T-Block (Weight at Top - Challenging):
- Phys2Real: 57.14% success rate.
- Domain Randomization (DR): 23.81% success rate.
- VLM-only: 4.76% success rate.
- RMA-only: 14.29% success rate.
- Insight: Neither VLM nor RMA alone is sufficient; fusion is critical for difficult dynamics.
T-Block (Weight at Bottom - Easier):
- Phys2Real: 100% success rate.
- DR: 79.17% success rate.
- Privileged Oracle (Ground Truth): 95.83% success rate.
- Insight: Phys2Real matches the performance of an oracle with ground-truth physics without actually having it.
Hammer Pushing:
- Both Phys2Real and DR achieved 100% success.
- Efficiency: Phys2Real completed tasks 15% faster (77.79s vs 90.65s) than DR, demonstrating more efficient trajectory generation.
Ablation Studies: Confirmed that the combination of VLM and interaction data is essential.
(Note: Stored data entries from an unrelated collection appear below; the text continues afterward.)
-- ===== src/Device/System/Reset/Restores.antt =====
-- What the reset of CSystemManager, Src/Device/Component/System/SystemManager.cpp, leaves behind.
use shuchuang.Shared.{
  ◌≡◌, refl, ap, ◌∙◌, String, Bool, true, false, Option, none, some, [], arith, if-rule, not, ◌⊎◌,
  inl, inr, Bool-cases,
}
use shuchuang.Shared.Outcome.{Outcome, Action, ok, pure, modify}
use shuchuang.Shared.Outcome.Gives.{
  Ends, Ends-bind, Ends-bind-read, Ends-bind-or_throw, Ends-bind-fail_if, Ends-pure, ok_injective,
}
use shuchuang.Shared.Poco.{Json}
use shuchuang.Common.Config.{Config, get_object}
use shuchuang.Common.Config.Files
use shuchuang.Common.Config.Reads.{get_object-Reads}
use shuchuang.Device.OperationTable.{OperationTable, reset_op_record}
use shuchuang.Device.UserTable.{UserTable}
use shuchuang.Device.World.{World, on_config}
use shuchuang.Device.Tasks.Loaded.{TasksReset, reset_tasks-IsLoading}
use shuchuang.Device.System.Reset.{
  Backup, open_copy, reset_user, on_user_record, on_op_record, reset_user_record, reset_config,
}

module _ {O : Type 0} where
  -- The object of an entry.
  abbrev pub Has : String → Config O → O → Type 0
  Has name c o = (get_object name c).0 ≡ ok (some o)

reset_op_record-lem :
    (t : OperationTable)
    → (reset_op_record t).0 ≡ true
    → (t.session ≡ false) ⊎ ((reset_op_record t).1.rows ≡ [])
unfolding reset_op_record
reset_op_record-lem t h = elim (Bool-cases t.session) [
  | inl opened ↦ inr (ground arith)
  | inr shut ↦ inl shut
]

was_true : (o : Outcome Bool) (done : Bool) → o ≡ ok done → not done ≡ false → o ≡ ok true
was_true o true e n = e
was_true o false e n = cc

module _ {O : Type 0} ⦃j : Json O⦄ where
  -- The configuration is now the one at the path that it named.
  abbrev ConfigReset : (String → Option (Config O)) → Config O → Config O → Type 0
  ConfigReset backup c c' =
      (reset : O) × (path : String) × Has "Reset" c reset
      × (j.get_string reset "Config" ≡ some path)
      × (backup path ≡ some c')

  from-ConfigReset :
      (backup : String → Option (Config O)) (c : Config O) (o : Option O)
      → (get_object "Reset" c).0 ≡ ok o
      → Ends true (ConfigReset backup c) (Files.reset_from backup o) c
  unfolding Files.reset_from modify pure
  from-ConfigReset backup c none h = Ends-pure (ConfigReset backup c) false true c (λ e. cc)
  from-ConfigReset backup c (some reset) h =
      let q : (Config O → Type 0) = ConfigReset backup c in
      if-rule (λ (m : Action (Config O) Bool). Ends true q m c) (j.has reset "Config")
        (λ _. Ends-bind-or_throw q _ _ c true λ path ep.
          Ends-bind-or_throw q _ _ c true
            λ copied ec. Ends-bind q (modify _) _ c true λ _ _. λ _. (reset, path, h, ep, ec))
        (λ _. Ends-pure q false true c (λ e. cc))

  reset_config-ConfigReset :
      (backup : String → Option (Config O)) (c : Config O)
      → Ends true (ConfigReset backup c) (Files.reset_config backup) c
  unfolding Files.reset_config
  reset_config-ConfigReset backup c =
      Ends-bind-read (ConfigReset backup c) (get_object "Reset") _ c true
        (get_object-Reads "Reset" c) (λ o e. from-ConfigReset backup c o e)

  on_config-ConfigReset :
      (backup : String → Option (Config O)) (w : World O)
      → Ends true
          (λ w'. ConfigReset backup w.config w'.config)
          (on_config (Files.reset_config backup))
          w
  unfolding on_config
  on_config-ConfigReset backup w = reset_config-ConfigReset backup w.config

  -- The rows are those of the backup that the configuration names; nothing else is written.
  abbrev UsersReset : Backup O → World O → World O → Type 0
  UsersReset b w w' =
      (reset : O) × (backup : String) × Has "Reset" w.config reset
      × (j.get_string reset "UserDB" ≡ some backup)
      × (table : UserTable) × (b.users_at backup ≡ some table)
      × (w' ≡ record w { users = record w.users { table = table } })

  on_config-only :
      {A : Type 0} (m : Action (Config O) A) (w : World O)
      → (on_config m w).1 ≡ record w { config = (on_config m w).1.config }
  unfolding on_config
  on_config-only m w = refl

  on_config-same : (name : String) (w : World O) → (on_config (get_object name) w).1 ≡ w
  unfolding on_config
  on_config-same name w = rw (get_object-Reads name w.config) refl

  open_copy-Ends :
      (b : Backup O) (path : String) (copied t : UserTable)
      → Ends true (λ t'. copied ≡ t') (open_copy b path copied) t
  unfolding open_copy modify pure
  open_copy-Ends b path copied t =
      let q : (UserTable → Type 0) = λ t'. copied ≡ t' in
      if-rule (λ (m : Action UserTable Bool). Ends true q m t) (b.opens path)
        (λ _. Ends-bind q (modify _) _ t true λ _ _. λ _. refl)
        (λ _. Ends-pure q false true t (λ e. cc))

  reset_user-Ends :
      (b : Backup O) (path backup : String) (t : UserTable)
      → Ends true (λ t'. b.users_at backup ≡ some t') (reset_user b path backup) t
  unfolding reset_user
  reset_user-Ends b path backup t =
      let q : (UserTable → Type 0) = λ t'. b.users_at backup ≡ some t' in
      Ends-bind q (modify _) _ t true λ _ _.
        Ends-bind-or_throw q (b.users_at backup) _ _ true
          λ copied e. λ h. e ∙ ap some (open_copy-Ends b path copied _ h)

  on_user_record-Ends :
      (b : Backup O) (path backup : String) (w : World O)
      → Ends true
          (λ w'.
            (table : UserTable) × (b.users_at backup ≡ some table)
            × (w' ≡ record w { users = record w.users { table = table } }))
          (on_user_record (reset_user b path backup))
          w
  unfolding on_user_record
  on_user_record-Ends b path backup w =
      λ h. (_, reset_user-Ends b path backup w.users.table h, refl)

  reset_read :
      (w : World O) (o : Option O) (r : O)
      → (on_config (get_object "Reset") w).0 ≡ ok o
      → o ≡ some r
      → Has "Reset" w.config r
  unfolding on_config
  reset_read w o r e h = e ∙ ap ok h

  reset_user_record-UsersReset :
      (b : Backup O) (w : World O) → Ends true (UsersReset b w) (reset_user_record b) w
  unfolding reset_user_record
  reset_user_record-UsersReset b w =
      let q : (World O → Type 0) = UsersReset b w in
      Ends-bind-read q (on_config (get_object "Reset")) _ w true (on_config-same "Reset" w)
        λ reset er.
          Ends-bind-read q (on_config (get_object "DataPath")) _ w true
            (on_config-same "DataPath" w)
            λ paths _. Ends-bind-or_throw q paths _ w true λ p _.
              Ends-bind-or_throw q _ _ w true λ path _. Ends-bind-or_throw q reset _ w true λ r e.
                Ends-bind-or_throw q _ _ w true λ backup eb. λ h.
                  let (table, ht, same) = on_user_record-Ends b path backup w h in
                  (r, backup, reset_read w reset r er e, eb, table, ht, same)

  -- Without a session there is nothing to empty.
  abbrev OpsReset : World O → World O → Type 0
  OpsReset w w' =
      (t : OperationTable) × (w' ≡ record w { ops = record w.ops { table = t } })
      × ((w.ops.table.session ≡ false) ⊎ (t.rows ≡ []))

  on_op_record-OpsReset : (w : World O) → Ends true (OpsReset w) on_op_record w
  unfolding on_op_record
  on_op_record-OpsReset w = λ h. (_, refl, reset_op_record-lem w.ops.table (ok_injective _ _ h))

  -- What a reset that went well leaves; the records that wait in memory and the openings of the
  -- tokens stay.
  pub record Restored (b : Backup O) (reparse : O → Option O) (w w' : World O) : Type 0 where
    pub config : ConfigReset b.config_at w.config w'.config
    pub backup : String
    pub reset : O
    pub named : Has "Reset" w'.config reset × (j.get_string reset "UserDB" ≡ some backup)
    pub users : b.users_at backup ≡ some w'.users.table
    pub ops : (w.ops.table.session ≡ false) ⊎ (w'.ops.table.rows ≡ [])
    pub tasks : TasksReset reparse w' w'
    pub cache : w'.ops.cache ≡ w.ops.cache
    pub cache_map : w'.users.cache_map ≡ w.users.cache_map

  after_reset :
      (b : Backup O) (reparse : O → Option O) (w w1 w2 w3 w4 : World O)
      → w1 ≡ record w { config = w1.config }
      → ConfigReset b.config_at w.config w1.config
      → UsersReset b w1 w2
      → OpsReset w2 w3
      → TasksReset reparse w3 w4
      → Restored b reparse w w4
  after_reset b reparse w w1 w2 w3 w4 e1 c (reset, backup, h, hb, table, ht, e2) (t, e3, empty)
        (array, ha, (ys, r, l)) =
      let config3 : w3.config ≡ w1.config = cc in
      let users3 : w3.users ≡ w2.users = cc in
      let users2 : w2.users ≡ record w1.users { table = table } = cc in
      let users4 : w4.users ≡ record w.users { table = table } = cc in
      let ops2 : w2.ops ≡ w.ops = cc in
      let ops4 : w4.ops ≡ record w.ops { table = t } = cc in
      let config4 : w4.config ≡ w1.config = l.same_config ∙ config3 in
      record {
        config = rw config4 c;
        backup = backup;
        reset = reset;
        named = (rw config4 h, hb);
        users = rw users4 ht;
        ops = rw ops4 (rw ops2 at empty);
        tasks = (
          array,
          rw (l.same_config) ha,
          (
            ys,
            r,
            record {
              same_config = refl;
              same_users = refl;
              same_ops = refl;
              loaded = l.loaded;
              in_map = l.in_map;
              in_queue = l.in_queue;
            },
          ),
        );
        cache = rw ops4 refl;
        cache_map = rw users4 refl;
      }

  reset_config-Ends :
      (b : Backup O) (reparse : O → Option O) (w : World O)
      → Ends tt (Restored b reparse w) (reset_config b reparse) w
  unfolding reset_config
  reset_config-Ends b reparse w =
      let q : (World O → Type 0) = Restored b reparse w in
      Ends-bind q _ _ w tt λ config_done e1. Ends-bind-fail_if q _ _ _ _ tt λ n1.
        Ends-bind q (reset_user_record b) _ _ tt λ users_done e2.
          Ends-bind-fail_if q _ _ _ _ tt λ n2. Ends-bind q on_op_record _ _ tt λ ops_done e3.
            Ends-bind-fail_if q _ _ _ _ tt λ n3. λ h.
              after_reset b reparse w _ _ _ _ (on_config-only (Files.reset_config b.config_at) w)
                (on_config-ConfigReset b.config_at w (was_true _ config_done e1 n1))
                (reset_user_record-UsersReset b _ (was_true _ users_done e2 n2))
                (on_op_record-OpsReset _ (was_true _ ops_done e3 n3))
                (reset_tasks-IsLoading reparse _ h)

  -- A reset that ends well has put the factory state back: the configuration is a copy of the backup
  -- that the old one named; the rows of the user table are those of the backup that the new one names;
  -- the operation table of an open session is empty; the tasks are those of the new configuration, no
  -- more of them in memory or in the queue than entries. The records that wait in memory, and the
  -- openings of the tokens, stay.
  pub reset_config-Restored :
      (b : Backup O) (reparse : O → Option O) (w : World O)
      → (reset_config b reparse w).0 ≡ ok tt
      → Restored b reparse w (reset_config b reparse w).1
  reset_config-Restored b reparse w h = reset_config-Ends b reparse w h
Removing either component led to significant performance drops, especially in high-uncertainty scenarios.

5. Significance and Impact

Bridging the Sim-to-Real Gap: Phys2Real offers a scalable alternative to Domain Randomization by enabling policies to adapt to specific object properties rather than averaging over them.
Efficiency: By leveraging VLM priors, the robot requires less exploration time to learn object dynamics, reducing the number of real-world interactions needed for successful deployment.
Generalization: The framework is designed to handle objects with unknown meshes and varying physical properties, moving towards more general robotic manipulation systems.
Future Direction: This work paves the way for integrating foundation models (VLMs) with physical grounding, suggesting a future where robots use semantic knowledge to initialize physical reasoning, which is then refined through real-world interaction.

In conclusion, Phys2Real successfully demonstrates that fusing visual priors from foundation models with interactive adaptation allows robots to achieve near-oracle performance in real-world manipulation tasks without requiring ground-truth physical models.